= Beginning of Section =

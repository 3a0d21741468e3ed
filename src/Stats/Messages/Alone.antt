-- ===== src/Stats/Messages/Alone.antt =====
-- One thread while the others stand still: its call does what `record_message_latency` does.
use native.Mathlib.Nat.{zero-add, suc-add}
use aeron_fast.Base.{
  ℕ, zero, suc, ◌+◌, ◌≤◌, ◌≡◌, refl, sym, ap, ◌∙◌, inl, inr, Bool, some, arith, ltb, leb, ◌==◌,
  Bool-cases, ◌/◌, if◌then◌else◌, add64, lt→ltb, ◌<◌,
}
use aeron_fast.Stats.Defs.{PerformanceStats, detailed_record_count}
use aeron_fast.Stats.{
  count_bucket, record_message_latency, write_record, lower_min, raise_max, lower_min_self,
  raise_max_self, count_message, update_extremes,
}
use aeron_fast.Stats.Concurrent.Alone.{same_number}
use aeron_fast.Stats.Messages.{Delivery, latency, Place, Pc, exec, proceed, run_alone, recording}

-- At most `k` operations lead from one state of a thread and the memory to another.
pub record Within (k : ℕ) (pc : Pc) (m : PerformanceStats) (pc' : Pc) (m' : PerformanceStats)
    : Type 0 where
  pub operations : ℕ
  pub few : operations ≤ k
  pub ran : run_alone operations pc m ≡ (pc', m')

run_alone-add :
    (a b : ℕ) (pc : Pc) (m : PerformanceStats)
    → run_alone (a + b) pc m ≡ run_alone b (run_alone a pc m).0 (run_alone a pc m).1
run_alone-add zero b pc m = rw zero-add refl
run_alone-add (suc a) b pc m = rw suc-add (run_alone-add a b (exec pc m).0 (exec pc m).1)

then-Within :
    (k l : ℕ) {pc pc' pc'' : Pc} {m m' m'' : PerformanceStats}
    → Within k pc m pc' m'
    → Within l pc' m' pc'' m''
    → Within (k + l) pc m pc'' m''
then-Within k l {pc} {m = m} x y = record {
  operations = x.operations + y.operations;
  few = omega (arith, x.few, y.few);
  ran = run_alone-add x.operations y.operations pc m ∙ rw x.ran y.ran;
}

module _ (d : Delivery) (i : ℕ) where
  -- The memory after the parts of a call that has drawn `i`.
  abbrev pub dated : PerformanceStats → PerformanceStats
  dated m = record m {
    counters = record (m.counters) { total_latency = add64 m.counters.total_latency (latency d) };
    first_message_time = if i == 0 then d.receive_time else m.first_message_time;
    last_message_time = d.receive_time;
  }

  -- What the loop for the minimum leaves: the value, and whether this call stored it.
  abbrev pub lowered_by : ℕ × Bool → PerformanceStats → PerformanceStats
  lowered_by (value, stored) m = record m {
    counters = record (m.counters) { min_latency = value };
    min_latency_message_index = if stored then add64 i 1 else m.min_latency_message_index;
    min_latency_send_time = if stored then d.send_time else m.min_latency_send_time;
    min_latency_receive_time = if stored then d.receive_time else m.min_latency_receive_time;
  }

  abbrev pub lowered : PerformanceStats → PerformanceStats
  lowered m = lowered_by (lower_min 1 m.counters.min_latency m.counters.min_latency (latency d)) m

  abbrev pub raised : PerformanceStats → PerformanceStats
  raised m = record m {
    counters = record (m.counters) {
      max_latency = raise_max 1 m.counters.max_latency m.counters.max_latency (latency d);
    };
  }

  abbrev pub recorded : PerformanceStats → PerformanceStats
  recorded m = record m {
    records = write_record i d.send_time d.receive_time (latency d) m.records;
    latency_buckets = count_bucket leb (latency d / 1000) m.latency_bucket_limits m.latency_buckets;
  }

  -- The three stores that describe a new minimum.
  abbrev pub named : PerformanceStats → PerformanceStats
  named m = record m {
    min_latency_message_index = add64 i 1;
    min_latency_send_time = d.send_time;
    min_latency_receive_time = d.receive_time;
  }

  -- The whole call.
  abbrev pub finished : PerformanceStats → PerformanceStats
  finished m = recorded (raised (lowered (dated m)))

  pub dating_alone :
      (m : PerformanceStats)
      → Within 4
          (Pc.inside Place.dating_first d i)
          m
          (Pc.inside (Place.lowering m.counters.min_latency) d i)
          (dated m)
  unfolding exec proceed
  dating_alone m = record { operations = 4; few = omega arith; ran = refl }

  pub exchanging_alone :
      (m : PerformanceStats)
      → latency d < m.counters.min_latency
      → Within 1
          (Pc.inside (Place.lowering m.counters.min_latency) d i)
          m
          (Pc.inside Place.naming_index d i)
          (record m { counters = record (m.counters) { min_latency = latency d } })
  unfolding exec proceed
  exchanging_alone m p = record {
    operations = 1;
    few = omega arith;
    ran = rw (lt→ltb _ _ p, same_number) refl;
  }

  pub naming_alone :
      (m : PerformanceStats)
      → Within 3 (Pc.inside Place.naming_index d i) m (Pc.inside Place.loading_max d i) (named m)
  unfolding exec proceed
  naming_alone m = record { operations = 3; few = omega arith; ran = refl }

  lowering_alone :
      (m : PerformanceStats)
      → Within 4
          (Pc.inside (Place.lowering m.counters.min_latency) d i)
          m
          (Pc.inside Place.loading_max d i)
          (lowered m)
  unfolding exec proceed
  lowering_alone m =
      let kept = lower_min_self 0 m.counters.min_latency (latency d) in
      elim (Bool-cases (ltb (latency d) m.counters.min_latency)) [
        | inl p ↦ record {
          operations = 4;
          few = omega arith;
          ran =
              rw (p, same_number) refl
              ∙ ap (λ k. (Pc.inside Place.loading_max d i, lowered_by k m)) (sym (rw p at kept));
        }
        | inr p ↦ record {
          operations = 1;
          few = omega arith;
          ran =
              rw p refl
              ∙ ap (λ k. (Pc.inside Place.loading_max d i, lowered_by k m)) (sym (rw p at kept));
        }
      ]

  raising_alone :
      (m : PerformanceStats)
      → Within 2 (Pc.inside Place.loading_max d i) m (Pc.inside (recording i) d i) (raised m)
  unfolding exec proceed
  raising_alone m = elim (Bool-cases (ltb m.counters.max_latency (latency d))) [
    | inl p ↦ record {
      operations = 2;
      few = omega arith;
      ran = rw (raise_max_self, p, same_number) refl;
    }
    | inr p ↦ record { operations = 2; few = omega arith; ran = rw (raise_max_self, p) refl }
  ]

  recording_alone :
      (m : PerformanceStats) → Within 5 (Pc.inside (recording i) d i) m Pc.idle (recorded m)
  unfolding exec proceed write_record
  recording_alone m = elim (Bool-cases (ltb i detailed_record_count)) [
    | inl p ↦ record { operations = 5; few = omega arith; ran = rw p refl }
    | inr p ↦ record { operations = 1; few = omega arith; ran = rw p refl }
  ]

  -- From the loop for the maximum on.
  pub ending_alone :
      (m : PerformanceStats)
      → Within 7 (Pc.inside Place.loading_max d i) m Pc.idle (recorded (raised m))
  ending_alone m = then-Within 2 5 (raising_alone m) (recording_alone (raised m))

  pub inside_alone :
      (m : PerformanceStats) → Within 15 (Pc.inside Place.dating_first d i) m Pc.idle (finished m)
  inside_alone m =
      then-Within 4 11 (dating_alone m)
        (then-Within 4 7 (lowering_alone (dated m)) (ending_alone (lowered (dated m))))

-- The memory after the addition to the message count.
abbrev pub drawn_one : PerformanceStats → PerformanceStats
drawn_one m = record m {
  counters = record (m.counters) { message_count = add64 m.counters.message_count 1 };
}

drawing_alone :
    (d : Delivery) (m : PerformanceStats)
    → Within 1
        (Pc.drawing d)
        m
        (Pc.inside Place.dating_first d m.counters.message_count)
        (drawn_one m)
unfolding exec
drawing_alone d m = record { operations = 1; few = omega arith; ran = refl }

-- At most sixteen operations of a thread that no other comes between are one
-- `record_message_latency`, for any times and any statistics.
pub run_alone-record_message_latency :
    (d : Delivery) (m : PerformanceStats)
    → (m' : PerformanceStats) × Within 16 (Pc.drawing d) m Pc.idle m'
      × (record_message_latency (some m) d.send_time d.receive_time ≡ some m')
unfolding record_message_latency update_extremes count_message write_record
run_alone-record_message_latency d m =
    let i = m.counters.message_count in
    (
      finished d i (drawn_one m),
      then-Within 1 15 (drawing_alone d m) (inside_alone d i (drawn_one m)),
      refl,
    )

= End of Section =

## Work instructions
Every line of the material that holds "elim" should be copied out as the answer.

## Expected answer
      elim (Bool-cases (ltb (latency d) m.counters.min_latency)) [
  raising_alone m = elim (Bool-cases (ltb m.counters.max_latency (latency d))) [
  recording_alone m = elim (Bool-cases (ltb i detailed_record_count)) [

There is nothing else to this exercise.